Book Synopsis Ordering Braids by : Patrick Dehornoy
Download or read book Ordering Braids written by Patrick Dehornoy and published by American Mathematical Soc.. This book was released on 2008 with total page 339 pages. Available in PDF, EPUB and Kindle. Book excerpt: Since the discovery that Artin's braid groups enjoy a left-invariant linear ordering, several different approaches have been used to understand this phenomenon.
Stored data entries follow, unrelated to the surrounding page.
-- ===== src/Prelude/Results.antt =====
-- What a C function that changes state can do: return, end in `abort()` through ESP_ERROR_CHECK, or
-- run into behaviour that C leaves undefined (a read or write out of range, an unset variable).
use Prim.Native.Nat.{ℕ}
use mathlib.Core.Path.{◌≡◌, refl, ap}
use native.Mathlib.Omega.{arith}
use mathlib.Core.Bool.{Bool, true, false}
use mathlib.Core.Option.{Option, none, some}

-- The `esp_err_t` codes that the source names, and the rest.
pub data Err : Type 0 where
  esp_ok nvs_not_found nvs_type_mismatch nvs_value_too_long : Err
  nvs_no_free_pages nvs_new_version_found timeout : Err
  other : ℕ → Err

abbrev pub is_ok : Err → Bool
is_ok Err.esp_ok = true
is_ok _ = false

abbrev pub is_not_found : Err → Bool
is_not_found Err.nvs_not_found = true
is_not_found _ = false

pub data Outcome {ℓ} (S A : Type ℓ) : Type ℓ where
  done : A → S → Outcome S A
  aborted : Err → S → Outcome S A
  fault : Outcome S A

abbrev pub Exec {ℓ} : Type ℓ → Type ℓ → Type ℓ
Exec S A = S → Outcome S A

abbrev pub pure {ℓ} : {S A : Type ℓ} → A → Exec S A
pure a s = done a s

infixl 5 ◌>>=◌ ◌>>◌
abbrev pub ◌>>=◌ {ℓ} : {S A B : Type ℓ} → Exec S A → (A → Exec S B) → Exec S B
◌>>=◌ m f s = elim (m s) [ done a t ↦ f a t | aborted e t ↦ aborted e t | fault ↦ fault ]

abbrev pub ◌>>◌ {ℓ} : {S A B : Type ℓ} → Exec S A → Exec S B → Exec S B
m >> k = m >>= λ _. k

abbrev pub gets {ℓ} : {S A : Type ℓ} → (S → A) → Exec S A
gets f s = done (f s) s

abbrev pub modify : {S : Type 0} → (S → S) → Exec S (Unit {0})
modify f s = done tt (f s)

abbrev pub undefined {ℓ} : {S A : Type ℓ} → Exec S A
undefined s = fault

-- A pure computation that may read or write out of range.
abbrev pub checked {ℓ} : {S A : Type ℓ} → Option A → Exec S A
checked none s = fault
checked (some a) s = done a s

-- ESP_ERROR_CHECK
abbrev pub error_check : {S : Type 0} → Err → Exec S (Unit {0})
error_check Err.esp_ok s = done tt s
error_check e s = aborted e s

-- A step that returns, before the rest.
pub bind_done {ℓ} :
    {S A B : Type ℓ} (m : Exec S A) (f : A → Exec S B) (s t : S) (a : A)
    → m s ≡ done a t
    → (m >>= f) s ≡ f a t
bind_done {S} {A} {B} m f s t a e =
    ap
      (λ (o : Outcome S A). elim o as (λ _. Outcome S B) [
        | done a t ↦ f a t
        | aborted e t ↦ aborted e t
        | fault ↦ fault
      ])
      e

-- A step whose result is replaced.
pub as_unit :
    {S A : Type 0} (m : Exec S (Unit {0})) (a : A) (s : S) → ((m >> pure a) >> pure tt) s ≡ m s
as_unit {S} {A} m a s = elim (m s) as (λ o. (((λ (_ : S). o) >> pure a) >> pure tt) s ≡ o) [
  | done u t ↦ refl
  | aborted e t ↦ refl
  | fault ↦ refl
]

-- Two steps that do the same from `s`, before the rest.
pub bind_same :
    {S A B : Type 0} (m n : Exec S A) (f : A → Exec S B) (s : S)
    → m s ≡ n s
    → (m >>= f) s ≡ (n >>= f) s
bind_same {S} {A} {B} m n f s e =
    ap
      (λ (o : Outcome S A). elim o as (λ _. Outcome S B) [
        | done a t ↦ f a t
        | aborted e t ↦ aborted e t
        | fault ↦ fault
      ])
      e

-- Two ways to go on that do the same, whatever the first step left.
pub bind_cong :
    {S A B : Type 0} (m : Exec S A) (f g : A → Exec S B) (s : S)
    → ((a : A) (t : S) → f a t ≡ g a t)
    → (m >>= f) s ≡ (m >>= g) s
bind_cong {S} m f g s same =
    elim (m s) as (λ o. ((λ (_ : S). o) >>= f) s ≡ ((λ (_ : S). o) >>= g) s) [
      | done a t ↦ same a t
      | aborted e t ↦ refl
      | fault ↦ refl
    ]

pub bind_assoc :
    {S A B C : Type 0} (m : Exec S A) (f : A → Exec S B) (g : B → Exec S C) (s : S)
    → ((m >>= f) >>= g) s ≡ (m >>= λ a. f a >>= g) s
bind_assoc {S} m f g s =
    elim (m s) as (λ o. (((λ (_ : S). o) >>= f) >>= g) s ≡ ((λ (_ : S). o) >>= λ a. f a >>= g) s) [
      | done a t ↦ refl
      | aborted e t ↦ refl
      | fault ↦ refl
    ]

-- An operation that returned had its first step return.
pub bind_inv :
    {S A B : Type 0} (m : Exec S A) (f : A → Exec S B) (s u : S) (b : B)
    → (m >>= f) s ≡ done b u
    → (a : A) × (t : S) × (m s ≡ done a t) × (f a t ≡ done b u)
bind_inv {S} {A} {B} m f s u b e = go (m s) refl e
  where
    go :
        (o : Outcome S A)
        → m s ≡ o
        → (elim o as (λ _. Outcome S B) [
          | done a t ↦ f a t
          | aborted x t ↦ aborted x t
          | fault ↦ fault
        ])
          ≡ done b u
        → (a : A) × (t : S) × (m s ≡ done a t) × (f a t ≡ done b u)
    go (done a t) p q = (a, t, p, q)
    go (aborted x t) p q = absurd (ground arith)
    go fault p q = absurd (ground arith)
This text provides an account of those approaches, involving varied objects & domains as combinatorial group theory, self-distributive algebra & finite combinatorics.
Contents:Notes on Subfactors and Statistical Mechanics (V F R Jones)Polynomial Invariants in Knot Theory (L H Kauffman)Algebras of Loops on Surfaces, Algebras of Knots, and Quantization (V G Turaev)Quantum Groups (L Faddeev et al.)Introduction to the Yang-Baxter Equation (M Jimbo)Integrable Systems Related to Braid Groups and Yang-Baxter Equation (T Kohno)The Yang-Baxter Relation: A New Tool for Knot Theory (Y Akutsu et al.)Akutsu-Wadati Link Polynomials from Feynman-Kauffman Diagrams (M-L Ge et al.)Quantum Field Theory and the Jones Polynomial (E Witten) Readership: Mathematical physicists.
Book Synopsis Braid Group, Knot Theory and Statistical Mechanics by : C N Yang
Download or read book Braid Group, Knot Theory and Statistical Mechanics written by C N Yang and published by World Scientific. This book was released on 1991-06-05 with total page 336 pages. Available in PDF, EPUB and Kindle. Book excerpt: Contents:Notes on Subfactors and Statistical Mechanics (V F R Jones)Polynomial Invariants in Knot Theory (L H Kauffman)Algebras of Loops on Surfaces, Algebras of Knots, and Quantization (V G Turaev)Quantum Groups (L Faddeev et al.)Introduction to the Yang-Baxter Equation (M Jimbo)Integrable Systems Related to Braid Groups and Yang-Baxter Equation (T Kohno)The Yang-Baxter Relation: A New Tool for Knot Theory (Y Akutsu et al.)Akutsu-Wadati Link Polynomials from Feynman-Kauffman Diagrams (M-L Ge et al.)Quantum Field Theory and the Jones Polynomial (E Witten) Readership: Mathematical physicists.